The idea is that we puff up the category $C$ to get a bigger but equivalent category $C'$ , which allows us to replace the functor $F: C \to D$ by a functor $F': C' \to D$ that's an isofibration, basically because $C'$ has enough isomorphisms to do all the lifting we want in the definition of 'isofibration'.

Interesting! Intuitively, I guess the repair process creates a version of $F$ that better respects the principle of equivalence, in terms of what is in its image.

John Baez (Feb 10 2025 at 00:25):

I think I was able to work out the details of checking that we have a natural isomorphism between two such functors.

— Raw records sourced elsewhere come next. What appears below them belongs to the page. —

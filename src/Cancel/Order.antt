-- ===== src/Cancel/Order.antt =====
-- cancel.py: the order of registering and cancelling does not decide whether work is stopped.
use mathlib.Core.List.{Perm, perm_middle, perm_append_singleton, append_assoc, map-append}
use mathlib.Core.List.Perm
use deep_agent_cli.Prelude.{
  subst, ℕ, ◌≡◌, Bool, false, List, [], ◌∷◌, ◌++◌, map, arith, sym, ap, nat_comparable,
  text_comparable,
}
use deep_agent_cli.Cancel.{
  Process, Effect, callback, ToolCancelContext, kill_process_group, kill_current, register_callback,
  register_process, request_cancel,
}

-- Moving one entry to the end.
last_perm {ℓ} : {A : Type ℓ} (xs ys : List A) (a : A) → Perm (xs ++ a ∷ ys) ((xs ++ ys) ++ a ∷ [])
last_perm xs ys a = Perm.trans (perm_middle xs ys) (Perm.symm (perm_append_singleton a (xs ++ ys)))

same_perm : {p p' q q' : List Effect × Bool} → p ≡ p' → q ≡ q' → Perm p'.0 q'.0 → Perm p.0 q.0
same_perm {p} {p'} {q} {q'} e f perm =
    subst (λ (x : List Effect × Bool). Perm x.0 q.0) (sym e)
      (subst (λ (y : List Effect × Bool). Perm p'.0 y.0) (sym f) perm)

module _ (killpg_fails : ℕ → Bool) where
  -- Both orders, as what the outside world sees and whether the caller gets an exception.
  abbrev pub register_then_cancel : (ℕ → Bool) → ℕ → ToolCancelContext → List Effect × Bool
  register_then_cancel raises f ctx =
      let (ctx', before, raised) = register_callback killpg_fails raises false f ctx in
      (before ++ (request_cancel killpg_fails ctx').1, raised)

  abbrev pub cancel_then_register : (ℕ → Bool) → ℕ → ToolCancelContext → List Effect × Bool
  cancel_then_register raises f ctx =
      let (ctx', before) = request_cancel killpg_fails ctx in
      let (ctx'', after, raised) = register_callback killpg_fails raises false f ctx' in
      (before ++ after, raised)

  register_then_cancel-eq :
      (raises : ℕ → Bool) (f : ℕ) (ctx : ToolCancelContext)
      → ctx.cancel_flag ≡ false
      → register_then_cancel raises f ctx
        ≡ (map callback ctx.callbacks ++ callback f ∷ kill_current killpg_fails ctx.process, false)
  unfolding register_callback request_cancel
  register_then_cancel-eq raises f ctx h = simp (h, map-append, append_assoc)

  cancel_then_register-eq :
      (raises : ℕ → Bool) (f : ℕ) (ctx : ToolCancelContext)
      → ctx.cancel_flag ≡ false
      → cancel_then_register raises f ctx ≡ (
        (map callback ctx.callbacks ++ kill_current killpg_fails ctx.process) ++ callback f ∷ [],
        raises f,
      )
  unfolding register_callback request_cancel
  cancel_then_register-eq raises f ctx h = simp h

  -- A callback runs exactly once with the others, whether it is registered just before the cancel
  -- or just after it: the two orders have the same effects up to their order. They differ in an
  -- exception of the callback, which reaches the caller that registers it after the cancel, and
  -- nobody otherwise. The context has not been cancelled before, nor the event of its run set.
  pub register_callback-request_cancel :
      (raises : ℕ → Bool) (f : ℕ) (ctx : ToolCancelContext)
      → ctx.cancel_flag ≡ false
      → Perm (register_then_cancel raises f ctx).0 (cancel_then_register raises f ctx).0
        × ((register_then_cancel raises f ctx).1 ≡ false)
        × ((cancel_then_register raises f ctx).1 ≡ raises f)
  register_callback-request_cancel raises f ctx h = (
    same_perm (register_then_cancel-eq raises f ctx h) (cancel_then_register-eq raises f ctx h) (
        last_perm (map callback ctx.callbacks) (kill_current killpg_fails ctx.process)
          (callback f)),
    ap (λ (p : List Effect × Bool). p.1) (register_then_cancel-eq raises f ctx h),
    ap (λ (p : List Effect × Bool). p.1) (cancel_then_register-eq raises f ctx h),
  )

  -- After a cancel a process that is registered is stopped at once, and a second cancel does
  -- nothing: it has no effect and changes no state.
  pub request_cancel_again :
      (p : Process) (ctx : ToolCancelContext)
      → let c = (request_cancel killpg_fails ctx).0 in
        (request_cancel killpg_fails c ≡ (c, []))
        × ((register_process killpg_fails false p c).1 ≡ kill_process_group killpg_fails p)
  unfolding request_cancel register_process
  request_cancel_again p ctx = ground arith
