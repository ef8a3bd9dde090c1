-- ===== src/CliState.antt =====
-- agent/cli/state.py: what the terminal shows of a conversation, driven by run events.
pub mod Blocks
pub mod Cards
pub mod Streaming
pub mod Settling
pub mod Apply
pub mod Growth
pub mod Revisions
pub mod Ends
pub mod Restore
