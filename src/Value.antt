-- ===== src/Value.antt =====
-- Values of the Python program whose type is `Any`: what JSON has, and any other object by its
-- identity. A dict is a list of fields in the order of insertion.
use deep_agent_cli.Prelude.{
  eq_iff, ℕ, zero, String, ◌≡◌, refl, Bool, true, false, not, Option, none, some, arith, ◌==◌,
  nat_comparable, text_comparable, if◌then◌else◌,
}

-- A Python `int`; `negsuc n` is -(n + 1).
pub data ℤ : Type 0 where
  pos : ℕ → ℤ
  negsuc : ℕ → ℤ

mutual
  pub data Value : Type 0 where
    null : Value
    boolean : Bool → Value
    int : ℤ → Value
    text : String → Value
    array : Items → Value
    object : Fields → Value
    other : ℕ → Value

  pub data Items : Type 0 where
    nil : Items
    cons : Value → Items → Items

  pub data Fields : Type 0 where
    end : Fields
    field : String → Value → Fields → Fields

-- `d.get(k)`, which is `None` for a key that is not there.
unfoldable pub get : String → Fields → Value
get k end = null
get k (field j v d) = if k == j then v else get k d

-- `d.get(k, default)`
unfoldable pub get_or : Value → String → Fields → Value
get_or default k end = default
get_or default k (field j v d) = if k == j then v else get_or default k d

-- `{**d, k: v}`
unfoldable pub set_field : String → Value → Fields → Fields
set_field k v end = field k v end
set_field k v (field j w d) = if k == j then field k v d else field j w (set_field k v d)

abbrev pub is_object : Value → Bool
is_object (object d) = true
is_object _ = false

-- `v if isinstance(v, dict) else {}`
abbrev pub fields_of : Value → Fields
fields_of (object d) = d
fields_of _ = end

abbrev pub is_text : Value → Bool
is_text (text s) = true
is_text _ = false

-- `type(v) is int and v >= 0`
abbrev pub count_of : Value → Option ℕ
count_of (int (pos n)) = some n
count_of _ = none

-- `v if isinstance(v, int) and not isinstance(v, bool) else None`
abbrev pub int_of : Value → Option ℤ
int_of (int n) = some n
int_of _ = none

-- Python's truth value. Any other object is true.
abbrev pub truthy : Value → Bool
truthy null = false
truthy (boolean b) = b
truthy (int (pos zero)) = false
truthy (text s) = not (s == "")
truthy (array nil) = false
truthy (object end) = false
truthy _ = true

abbrev pub is_true : Value → Bool
is_true (boolean b) = b
is_true _ = false

abbrev pub is_null : Value → Bool
is_null null = true
is_null _ = false

-- `str(v or "")`, where `to_text` is Python's `str` on what is no text.
unfoldable pub text_or_empty : (Value → String) → Value → String
text_or_empty to_text (text s) = s
text_or_empty to_text v = if truthy v then to_text v else ""

-- `str(v or default)`
unfoldable pub text_or : (Value → String) → String → Value → String
text_or to_text default (text s) = if s == "" then default else s
text_or to_text default v = if truthy v then to_text v else default

pub get-set_field :
    (j k : String) (v : Value) (d : Fields)
    → get j (set_field k v d) ≡ (if j == k then v else get j d)
unfolding get set_field
get-set_field j k v end = refl
get-set_field j k v (field i w d) =
    ground (arith, get-set_field j k v d, eq_iff j k, eq_iff k i, eq_iff j i)
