-- ===== src/RunEvents.antt =====
-- The public contracts of agent/run_events.py: events and results of a run.
pub mod Interrupts
pub mod Decisions
pub mod Waiting
use deep_agent_cli.Prelude.{ℕ, String, Bool, List, nat_comparable, text_comparable}
use deep_agent_cli.Value.{Fields, Value}

pub data EventKind : Type 0 where
  subagents_changed run_started run_completed run_failed run_cancelled : EventKind
  interaction_requested compaction_started compaction_finished : EventKind
  assistant_started assistant_completed thinking_delta assistant_delta : EventKind
  model_metrics usage tool_started tool_output_delta tool_completed : EventKind
  steering_queued steering_applied run_cancelling turn_completed : EventKind
  another : String → EventKind

-- Times are opaque stamps.
pub record TurnTiming : Type 0 where
  pub elapsed : ℕ
  pub finished_at : ℕ

pub record PendingToolCall : Type 0 where
  pub tool_call_id : String
  pub name : String
  pub args : Value

pub record RunResult : Type 0 where
  pub status : String
  pub output : String
  pub pending_tool_calls : List PendingToolCall
  pub human_input : Fields
  pub error : String

-- `event.result` is `Any`: a plain value, or one of the program's own records.
pub data EventResult : Type 0 where
  plain : Value → EventResult
  timing : TurnTiming → EventResult
  run_result : RunResult → EventResult

pub record RunEvent : Type 0 where
  pub kind : EventKind
  pub content : String
  pub message_id : String
  pub tool_call_id : String
  pub name : String
  pub arguments : Fields
  pub result : EventResult
  pub is_error : Bool
  pub stream : String
  pub artifact : Value
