-- ===== src/Python.antt =====
-- Python's own functions on texts, as parameters: `str.lower`, `str.lstrip`, `str.strip`, `s in t`,
-- and `str` of what is no text.
use deep_agent_cli.Prelude.{String, Bool, nat_comparable, text_comparable}
use deep_agent_cli.Value.{Value}

pub record Python : Type 0 where
  pub lower : String → String
  pub lstrip : String → String
  pub strip : String → String
  pub is_in : String → String → Bool
  pub to_text : Value → String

Excellent! It's closely related to the idea of a [[skeleton]]: every category $\mathsf{C}$ is equivalent to a category $\mathsf{C}_0$ where isomorphic objects are equal, and you can set it up so that the functor $\mathsf{C}_0 \to \mathsf{C}$ in this equivalence is the inclusion of a subcategory, gotten by choosing one object from each isomorphism class of objects in $\mathsf{C}$ .

When we do this trick for $\mathsf{C} = \mathsf{FinSet}$ , we usually choose the objects of $\mathsf{C}_0$ to be the ordinals - our 'favorite' $n$ -element sets.